It could be argued that a referendum is a hard thing to understand. We need a referendum if we want to change the constitution. That’s how the constitution works. There is legislative change and constitutional change and if you want the constitutional kind, where the words in the rule book of the nation are changed, then a referendum is needed with a double majority of the Australian people having voted in favour of it. 

One of the reasons the signatories to the Uluru Statement and leaders of the Yes23 campaign wanted this to be in the constitution was because Indigenous advisory bodies have come and gone at the whim of the government of the day and they wanted something that was permanent and could evolve and make true, positive change. 

I had to get my head around that. I also had to get my head around what Indigenous people wanted us non-Indigenous people to do. For a lot of us I think this wasn’t initially clear due to misinformation coming from the No campaign and a section of the Coalition, along with us wanting to respect the “progressive No vote”. It seems, as the dust settles on the great disaster that the No vote is for Indigenous people, most of them did want us to campaign with them and to vote Yes.

The political landscape is complicated. Some people might believe that the referendum was hard to understand and therefore we got a resounding No. I want to counter that idea because it is not what I saw from the ground. 

I campaigned over two seats in Sydney – Reid and Fowler. The response from the public varied in different areas. Notably, a lot of new migrants didn’t really know about the referendum and what it meant, but they were interested and when we talked about it they generally thought that it was a fair proposition. Some people were not even English speakers but they got their friends and family to translate for them. Various other people also talked to us and concluded that having a Voice was fair. These people I would say were Yes voters. 

Doubtless there were No voters who had legitimate concerns or couldn’t understand it, but many of the people I saw at pre-polling and at polling on referendum day thought it was a joke. They would yell from afar and often with a rippling, underlying anger: “We don’t even know what we are voting on!” But when I said “Come and talk to me about it, we can discuss it and you can make an informed decision” they’d laugh and hurry away to put a No in the box. 

One of them loudly announced “Voting Yes is racist!” He was very pleased with himself for saying something so original. He came back out of the booth with the how to vote cards and said to both me and the No campaigner, “Here you go, you can reuse these”. Mine was ripped up. 

On the other hand, more people than I can ever remember being worried about the environment were so concerned about the amount of paper used in printing material for the campaign they needed to level an accusation at us – “Tell me this – why do we need to have so much paper?!” 

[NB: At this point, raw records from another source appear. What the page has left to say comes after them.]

-- ===== src/BulkPool/Lending.antt =====
-- src/margo-bulk-pool.c: a pool and the handles that its clients hold, over any sequence of calls.
-- The calls run one at a time, under the mutex of the pool; a client gives back what it holds.
use mathlib.Core.List.{Perm, Nodup, perm_middle, perm-append_right_iff}
use mathlib.Core.List.Perm
use mathlib.Core.Option.{some-injective}
use mochi_margo.Base.{
  ℕ, ◌+◌, ◌<◌, ◌≡◌, ◌≢◌, subst, sym, ◌∙◌, some, List, [], ◌∷◌, ◌++◌, arith, length, length-append,
  null,
}
use mochi_margo.BulkPool.Defs.{
  Pool, done, pool_get, pool_tryget, bp_get, bp_release, BulkInfo, pool_release,
}
use mochi_margo.BulkPool.Stack.{
  IsValid, contents, Got, bp_get_pops, Put, bp_release_pushes, IsAccepted, pool_release_accepted,
}

-- The pool, and the handles that are lent out.
pub record System : Type 0 where
  pub pool : Pool
  pub lent : List ℕ

pub data Step (info : BulkInfo) : System → System → Type 0 where
  get :
      (p p' : Pool) (b : ℕ) (lent : List ℕ)
      → pool_get (some p) ≡ done (b, p')
      → Step info (record { pool = p; lent = lent }) (record { pool = p'; lent = b ∷ lent })
  tryget :
      (p p' : Pool) (b : ℕ) (lent : List ℕ)
      → pool_tryget (some p) ≡ done (b, p')
      → b ≢ null
      → Step info (record { pool = p; lent = lent }) (record { pool = p'; lent = b ∷ lent })
  release :
      (p p' : Pool) (b : ℕ) (before after : List ℕ)
      → pool_release info (some p) b ≡ done p'
      → Step info
          (record { pool = p; lent = before ++ b ∷ after })
          (record { pool = p'; lent = before ++ after })

pub data Reach (info : BulkInfo) (s : System) : System → Type 0 where
  here : Reach info s s
  next : {t u : System} → Reach info s t → Step info t u → Reach info s u

-- Every handle of the pool is either free or lent.
pub record Inv (handles : List ℕ) (s : System) : Type 0 where
  pub valid : IsValid s.pool
  pub counted : length s.lent + s.pool.num_free ≡ s.pool.count
  pub kept : Perm (s.lent ++ contents s.pool) handles

Got-of : (p p' q : Pool) (b c : ℕ) → bp_get p ≡ some (b, p') → Got p c q → Got p b p'
Got-of p p' q b c e g = subst (λ t. Got p t.0 t.1) (some-injective _ _ (sym g.returns ∙ e)) g

Put-of : (p p' q : Pool) (b : ℕ) → bp_release p b ≡ some p' → Put p b q → Put p b p'
Put-of p p' q b e g = subst (λ t. Put p b t) (some-injective _ _ (sym g.returns ∙ e)) g

pub get_pops : (p p' : Pool) (b : ℕ) → IsValid p → pool_get (some p) ≡ done (b, p') → Got p b p'
unfolding pool_get
get_pops p p' b v e =
    let some_free : 0 < p.num_free = ground arith in
    let (c, q, got) = bp_get_pops p v some_free in Got-of p p' q b c (ground arith) got

tryget-get :
    (p p' : Pool) (b : ℕ)
    → pool_tryget (some p) ≡ done (b, p')
    → b ≢ null
    → pool_get (some p) ≡ done (b, p')
unfolding pool_get pool_tryget
tryget-get p p' b e n = ground arith

release_inv :
    (info : BulkInfo) (p p' : Pool) (b : ℕ)
    → pool_release info (some p) b ≡ done p'
    → bp_release p b ≡ some p'
unfolding pool_release
release_inv info p p' b e = ground arith

regroup :
    (before after rest : List ℕ) (b : ℕ)
    → Perm ((before ++ b ∷ after) ++ rest) (b ∷ (before ++ after) ++ rest)
regroup before after rest b = (perm-append_right_iff rest).1 (perm_middle before after)

get-Inv :
    {handles : List ℕ} (p p' : Pool) (b : ℕ) (lent : List ℕ)
    → pool_get (some p) ≡ done (b, p')
    → Inv handles (record { pool = p; lent = lent })
    → Inv handles (record { pool = p'; lent = b ∷ lent })
get-Inv {handles} p p' b lent e i =
    let got = get_pops p p' b i.valid e in
    record {
      valid = got.valid;
      counted = omega (arith, i.counted, got.left, got.same_count);
      kept =
          Perm.trans (Perm.symm (perm_middle lent (contents p')))
            (subst (λ t. Perm (lent ++ t) handles) got.popped i.kept);
    }

release-Inv :
    {handles : List ℕ} (info : BulkInfo) (p p' : Pool) (b : ℕ) (before after : List ℕ)
    → pool_release info (some p) b ≡ done p'
    → Inv handles (record { pool = p; lent = before ++ b ∷ after })
    → Inv handles (record { pool = p'; lent = before ++ after })
release-Inv {handles} info p p' b before after e i =
    let room : p.num_free < p.count = omega (arith, i.counted, length-append before (b ∷ after)) in
    let (q, put') = bp_release_pushes p b i.valid room in
    let put = Put-of p p' q b (release_inv info p p' b e) put' in
    record {
      valid = put.valid;
      counted = omega (
        arith,
        i.counted,
        put.left,
        put.same_count,
        length-append before (b ∷ after),
        length-append before after,
      );
      kept = rw put.pushed (
          Perm.trans (perm_middle (before ++ after) (contents p))
            (Perm.trans (Perm.symm (regroup before after (contents p) b)) i.kept));
    }

Reach-Inv :
    {handles : List ℕ} {info : BulkInfo} {s t : System}
    → Inv handles s
    → Reach info s t
    → Inv handles t
Reach-Inv i here = i
Reach-Inv i (next r (get p p' b lent e)) = get-Inv p p' b lent e (Reach-Inv i r)
Reach-Inv i (next r (tryget p p' b lent e n)) =
    get-Inv p p' b lent (tryget-get p p' b e n) (Reach-Inv i r)
Reach-Inv i (next r (release p p' b before after e)) =
    release-Inv _ p p' b before after e (Reach-Inv i r)

-- With all handles free, none is lent.
pub start_Inv :
    (p : Pool)
    → IsValid p
    → p.num_free ≡ p.count
    → Inv (contents p) (record { pool = p; lent = [] })
start_Inv p v full = record { valid = v; counted = omega arith; kept = Perm.refl (contents p) }

-- From a well-formed pool whose handles are distinct and all free, after any sequence of gets, of
-- trygets and of releases of handles that are lent then, the free handles and the lent ones are
-- together those of the start, in some order: no handle is both, none is lent twice and none is lost;
-- they are as many as the pool counts, and the pool is well-formed. A release of a handle that is not
-- lent, which the code accepts, is not among the calls.
pub handles_are_kept :
    {info : BulkInfo} (start : Pool) (s : System)
    → IsValid start
    → start.num_free ≡ start.count
    → Nodup (contents start)
    → Reach info (record { pool = start; lent = [] }) s
    → Nodup (s.lent ++ contents s.pool)
      × Perm (s.lent ++ contents s.pool) (contents start)
      × (length s.lent + s.pool.num_free ≡ s.pool.count)
      × IsValid s.pool
handles_are_kept {info} start s v full distinct r =
    let i = Reach-Inv {handles = contents start} (start_Inv start v full) r in
    (Perm.nodup (Perm.symm i.kept) distinct, i.kept, i.counted, i.valid)

-- From a pool with all of its handles free: of those that clients hold, one that passes the tests
-- of a release is taken back, on top of the free ones, and no access leaves the array.
pub lent_release :
    {info : BulkInfo} (start p : Pool) (before after : List ℕ) (b : ℕ)
    → IsValid start
    → start.num_free ≡ start.count
    → Reach info
        (record { pool = start; lent = [] })
        (record { pool = p; lent = before ++ b ∷ after })
    → IsAccepted info p b
    → (p' : Pool) × (pool_release info (some p) b ≡ done p') × (contents p' ≡ b ∷ contents p)
lent_release {info} start p before after b v full r a =
    let i = Reach-Inv {handles = contents start} (start_Inv start v full) r in
    let (p', returns, put) =
      pool_release_accepted info p b i.valid a
        (omega (arith, i.counted, length-append before (b ∷ after))) in
    (p', returns, put.pushed)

One No campaigner told me he didn’t care about the outcome after referendum day, by then the Australian people would have spoken. Some No voters demanded to know where the No campaign was at booths where the No campaign hadn’t shown up. They didn’t seem to understand that they were the No campaign and if they wanted someone to show up, they should have done it themselves. Some thought that the volunteers for the Yes campaign had been paid. This is not true. We were there on our own free time. 

There may be valid arguments for voting No but the No campaigners that I saw and heard had none of them – they repeated over and over again the words “risky” and “divisive” but not much else. Nebulous, slippery ideas unconnected to the proposals in the Uluru Statement or what the Voice was supposed to be about. The performative anger went on and on. People had been very inconvenienced by this and they wanted us to know about it. 

Most of the No voters that I met categorically did not want to know about the detail they so loudly pointed out was missing. They wanted to talk about literally anything other than what the referendum was actually about, but from a distance in case they accidentally heard some details that they didn’t really want to hear. The claim of divisiveness had caused exactly the division it was intended to cause and division was all a lot of people wanted to or could think about. 

You might say all this is anecdote, and it is. But it was such a consistent experience of No voters for me that I feel like we didn’t have a referendum on the relative merits of an Indigenous Voice to Parliament because very many No voters never actually engaged with that question on any meaningful level. What we ended up with was a referendum on whether or not we were divided.

Forty percent of us – more than 6 million people – said Yes, we want Indigenous people to have a say in the policies that affect them, and a good portion of the rest were too distracted or selfish to even consider it. That is not a fair outcome for those who had open heartedly tried to make a better future for their people. For most of us, it’s over and we go back to our daily lives. But for the rest, their daily lives continue on with the disadvantage that comes along with being Indigenous in this country.